# aol email cancellation



## desperatemumoffi (Oct 17, 2011)

Hi, PLEASE HELP ME if you can!
I have (or had until last night?!) a free AOL email account that I have had for ten years. Now when I try to log on to aol and read my emails or retrieve my files it says " oops this account has been cancelled".
I am distraught, I am disabled and rarely leave home - I do everything via the net and every contact online bill the lot is on my aol account I have never had another email account but have just signed up for gmail as a contingency for now.
For a few days before this I kept getting lots of mailerdemon notifications on my account which I reported as spam - not sure if thats relevant at all?
If it helps I work with windows 7


----------



## valis (Sep 24, 2004)

Have you contacted AOL customer service? that would most likely be the best place to start.


----------



## desperatemumoffi (Oct 17, 2011)

they wont speak to me because its a free account!


----------



## dotty999 (Feb 3, 2006)

try their Help page here hopefully you can find the right link to solve your issue or contact them from the info provided


----------



## desperatemumoffi (Oct 17, 2011)

thanks dotty999 will give it a try


----------



## desperatemumoffi (Oct 17, 2011)

no nothing that mentions my situation or any contact info at all.
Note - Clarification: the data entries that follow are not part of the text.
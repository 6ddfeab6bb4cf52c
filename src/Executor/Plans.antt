-- ===== src/Executor/Plans.antt =====
-- The plans that the compiler builds, run by the executor.
use mathlib.Core.Path.{subst}
use runlet.Prelude.{
  Bool, true, false, ◌&&◌, ◌||◌, not, ◌≡◌, refl, sym, ap, ◌∙◌, Option, none, some, List, [], ◌∷◌,
  ◌++◌, map, Text, text, nat_eq, list_eq, ◌==◌, if◌then◌else◌, contains, Dict, Value, Result, ok,
  arith, lookup,
}
use runlet.Prelude.Values.{str, new_dict, to_fields, from_fields}
use runlet.Prelude.Search.{str_or_empty}
use runlet.RunCheck.Rows.{RunnerRunStatus}
use runlet.Assets.Plans.ModulePlan.{Step, ModulePlanDraft, build_module_plan}
use runlet.Assets.Plans.Shape.{modules, build_module_plan-modules}
use runlet.Executor.Steps.{Runtime}
use runlet.Executor.Execute.{StepExecutionResult, module_of, execute}
use runlet.Executor.Trace.{IsTrace, IfPassed, is_blocked, auth_module, execute-IsTrace}

-- The dict of a step, as it is stored in steps_json.
abbrev pub step_value : Step → Value
step_value s =
    new_dict ((text "module", str s.module_name) ∷ (text "params", new_dict s.params) ∷ [])

or_empty : (name : Text) → str_or_empty (str name) ≡ name
unfolding str_or_empty runlet.Prelude.Values.py_str
or_empty [] = refl
or_empty (c ∷ name) = refl

module_of-step_value : (s : Step) → module_of (step_value s) ≡ s.module_name
unfolding lookup to_fields from_fields runlet.Prelude.list_beq
module_of-step_value s = or_empty s.module_name

modules-step_value : (steps : List Step) → map module_of (map step_value steps) ≡ modules steps
modules-step_value [] = refl
modules-step_value (s ∷ steps) =
    rw (module_of-step_value s) (ap (◌∷◌ s.module_name) (modules-step_value steps))

abbrev pub result_modules : List StepExecutionResult → List Text
result_modules results = map (λ (r : StepExecutionResult). r.module_name) results

if_passed : (status : RunnerRunStatus) (A B : Type 0) → IfPassed status A B → (B → ⊥) → A
if_passed RunnerRunStatus.passed A B h never = h
if_passed RunnerRunStatus.failed A B h never = absurd (never h)
if_passed RunnerRunStatus.running A B h never = absurd h

-- A run that passed ran all modules.
passed_modules :
    (names : List Text) (rs : List StepExecutionResult)
    → IsTrace names rs RunnerRunStatus.passed
    → result_modules rs ≡ names
passed_modules names [] h = sym h.0
passed_modules [] (r ∷ rs) h = absurd h
passed_modules (name ∷ names) (r ∷ rs) (same, rest) = rw same (
    ap (◌∷◌ name)
      (passed_modules names rs (if_passed r.status _ _ rest (λ b. ground (arith, b.1)))))

logs_in :
    (check_code : Text) (page_context : Dict Text Value) (state_signature : Option Text)
    (locator_bundle : Value) (plan : ModulePlanDraft)
    → build_module_plan check_code page_context state_signature locator_bundle ≡ ok plan
    → contains auth_module (modules plan.steps_json) ≡ true
unfolding contains runlet.Prelude.list_beq
logs_in check_code page_context state_signature locator_bundle plan built =
    ap (contains auth_module)
      (build_module_plan-modules check_code page_context state_signature locator_bundle plan built)

-- For a plan that the compiler built, any runtime and any inputs: if the run of its steps passes, every
-- module of the plan has its result, in order, and the run is not blocked.
pub build_module_plan-execute :
    {W : Type 0} (runtime : Runtime W) (check_code : Text) (page_context : Dict Text Value)
    (state_signature : Option Text) (locator_bundle : Value) (plan : ModulePlanDraft)
    (storage : Value) (inputs : Option (Dict Text Value)) (w : W)
    → build_module_plan check_code page_context state_signature locator_bundle ≡ ok plan
    → (execute runtime (map step_value plan.steps_json) storage inputs w).0.status
      ≡ RunnerRunStatus.passed
    → (result_modules
          (execute runtime (map step_value plan.steps_json) storage inputs w).0.step_results
        ≡ modules plan.steps_json)
      × (is_blocked
            (execute runtime (map step_value plan.steps_json) storage inputs w).0.auth_status
          ≡ false)
build_module_plan-execute runtime check_code page_context state_signature locator_bundle plan
      storage inputs w built ok_status =
    let steps = map step_value plan.steps_json in
    let same = modules-step_value plan.steps_json in
    let (trace, keeps) = execute-IsTrace runtime storage inputs steps w in
    let results = (execute runtime steps storage inputs w).0.step_results in
    (
      passed_modules (map module_of steps) results
            (subst (IsTrace (map module_of steps) results) ok_status trace)
          ∙ same,
      keeps ok_status
          ∙ ap (λ names. not (contains auth_module names)) same
          ∙ ap not (logs_in check_code page_context state_signature locator_bundle plan built),
    )
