-- ===== src/Executor/Tests.antt =====
-- The plan of a modal, run where every call succeeds and where the state is not reached.
use runlet.Prelude.{
  ℕ, ◌+◌, Bool, true, false, ◌≡◌, refl, Option, none, some, List, [], ◌∷◌, map, Text, text, Value,
  Result, ok, nat_eq, list_eq, raise,
}
use runlet.Prelude.Values.{null, bool, int, pos, str, new_dict}
use runlet.RunCheck.Rows.{RunnerRunStatus, blocked}
use runlet.Assets.Plans.ModulePlan.{ModulePlanDraft}
use runlet.Assets.Plans.Shape.{modules}
use runlet.Assets.Plans.Tests.{users_context, modal_plan, modal_plan_built}
use runlet.Executor.Params.{resolve_template_placeholders, coerce_optional_int}
use runlet.Executor.Steps.{Runtime, Called}
use runlet.Executor.Execute.{StepExecutionResult, module_of, execute}
use runlet.Executor.Trace.{IsTrace, is_blocked, KeepsAuth, execute-IsTrace}
use runlet.Executor.Plans.{step_value, result_modules, build_module_plan-execute}

-- Each call gives True; the states of the clock count the calls.
abbrev yes : ℕ → Called ℕ
yes w = (ok (bool true), w + 1)

abbrev runtime_with : Result Text Value → Runtime ℕ
runtime_with reached = record {
  inject_auth_state = λ storage w. yes w;
  navigate_menu_chain = λ chain route w. yes w;
  wait_page_ready = λ route w. yes w;
  assert_table_visible = λ route w. yes w;
  assert_page_open = λ route w. yes w;
  open_create_modal = yes;
  apply_filter = λ field operator value carrier w. yes w;
  submit_query = λ carrier w. yes w;
  read_data_count = λ carrier w. (ok (int (pos 3)), w + 1);
  row_exists_by_field = λ carrier field operator value w. yes w;
  enter_state = λ signature w. (reached, w + 1);
  resolve_locator_bundle =
      λ bundle constraints w. (ok (new_dict ((text "matched", bool true) ∷ [])), w + 1);
}

abbrev modal_steps : List Value
modal_steps = map step_value modal_plan.steps_json

execute-IsTrace_example :
    IsTrace
      (map module_of modal_steps)
      (execute (runtime_with (raise [])) modal_steps null none 0).0.step_results
      (execute (runtime_with (raise [])) modal_steps null none 0).0.status
    × KeepsAuth
        (map module_of modal_steps)
        blocked
        (execute (runtime_with (raise [])) modal_steps null none 0).0
execute-IsTrace_example = execute-IsTrace (runtime_with (raise [])) null none modal_steps 0

-- The fourth step is the last one, if the state is not reached.
not_reached :
    map
      (λ (r : StepExecutionResult). r.status)
      (execute (runtime_with (raise [])) modal_steps null none 0).0.step_results
    ≡ RunnerRunStatus.passed ∷ RunnerRunStatus.passed ∷ RunnerRunStatus.passed
      ∷ RunnerRunStatus.failed ∷ []
unfolding execute runlet.Prelude.list_beq runlet.Prelude.Values.from_fields
    runlet.Prelude.Values.to_fields
not_reached = refl

modal_passes :
    (execute (runtime_with (ok (bool true))) modal_steps null none 0).0.status
    ≡ RunnerRunStatus.passed
unfolding execute runlet.Prelude.list_beq runlet.Prelude.Values.from_fields
    runlet.Prelude.Values.to_fields runlet.Assets.Plans.ModulePlan.locator_step
modal_passes = refl

build_module_plan-execute_example :
    (result_modules (execute (runtime_with (ok (bool true))) modal_steps null none 0).0.step_results
      ≡ modules modal_plan.steps_json)
    × (is_blocked (execute (runtime_with (ok (bool true))) modal_steps null none 0).0.auth_status
        ≡ false)
build_module_plan-execute_example =
    build_module_plan-execute (runtime_with (ok (bool true))) (text "open_create_modal_state")
      users_context (some (text "modal")) null modal_plan null none 0 modal_plan_built modal_passes

resolved :
    resolve_template_placeholders
      ((text "value", str (text " {{ name }} ")) ∷ (text "field", str (text "{{name")) ∷ [])
      (some ((text "name", int (pos 7)) ∷ []))
    ≡ (text "value", int (pos 7)) ∷ (text "field", str (text "{{name")) ∷ []
unfolding resolve_template_placeholders runlet.Prelude.list_beq
resolved = refl

coerced : coerce_optional_int (str (text " 12 ")) ≡ ok (some (pos 12))
unfolding coerce_optional_int
coerced = refl

two_signs :
    coerce_optional_int (str (text "--5"))
    ≡ raise (text "invalid literal for int() with base 10: '--5'")
unfolding coerce_optional_int
two_signs = refl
I am going crazy here!


----------



## dotty999 (Feb 3, 2006)

I've just done a quick search for you and it says you can reactivate your free account! check it out herejust click on "Can I reactivate my Aol Account" and take it from there

Also, look at this info regarding the message you received, perhaps that can help you too


----------



## SUEOHIO (Jan 30, 2007)

Sadly shes right that if you get AOL for free they dont provide much in the way of help anymore.I know that with windows 7 you have to use the AOL 9.5 version and higher for it to work with windows 7.If you were getting what you thought were spam emails its possible that someone got into your account and maybe changed the password and then cancelled it.Even though it was free someone had to call or write to aol to cancel the account.Normally AOL accounts rarely get cancelled unless they havent been used in a very long time.With AOL you get more leeway on an unused account than you do on other ones like yahoo, gmail, etc.


----------



## valis (Sep 24, 2004)

dotty999 said:


> I've just done a quick search for you and it says you can reactivate your free account! check it out herejust click on "Can I reactivate my Aol Account" and take it from there
> 
> Also, look at this info regarding the message you received, perhaps that can help you too


nice finds, Dotty........


----------



## dotty999 (Feb 3, 2006)

thanks Tim


----------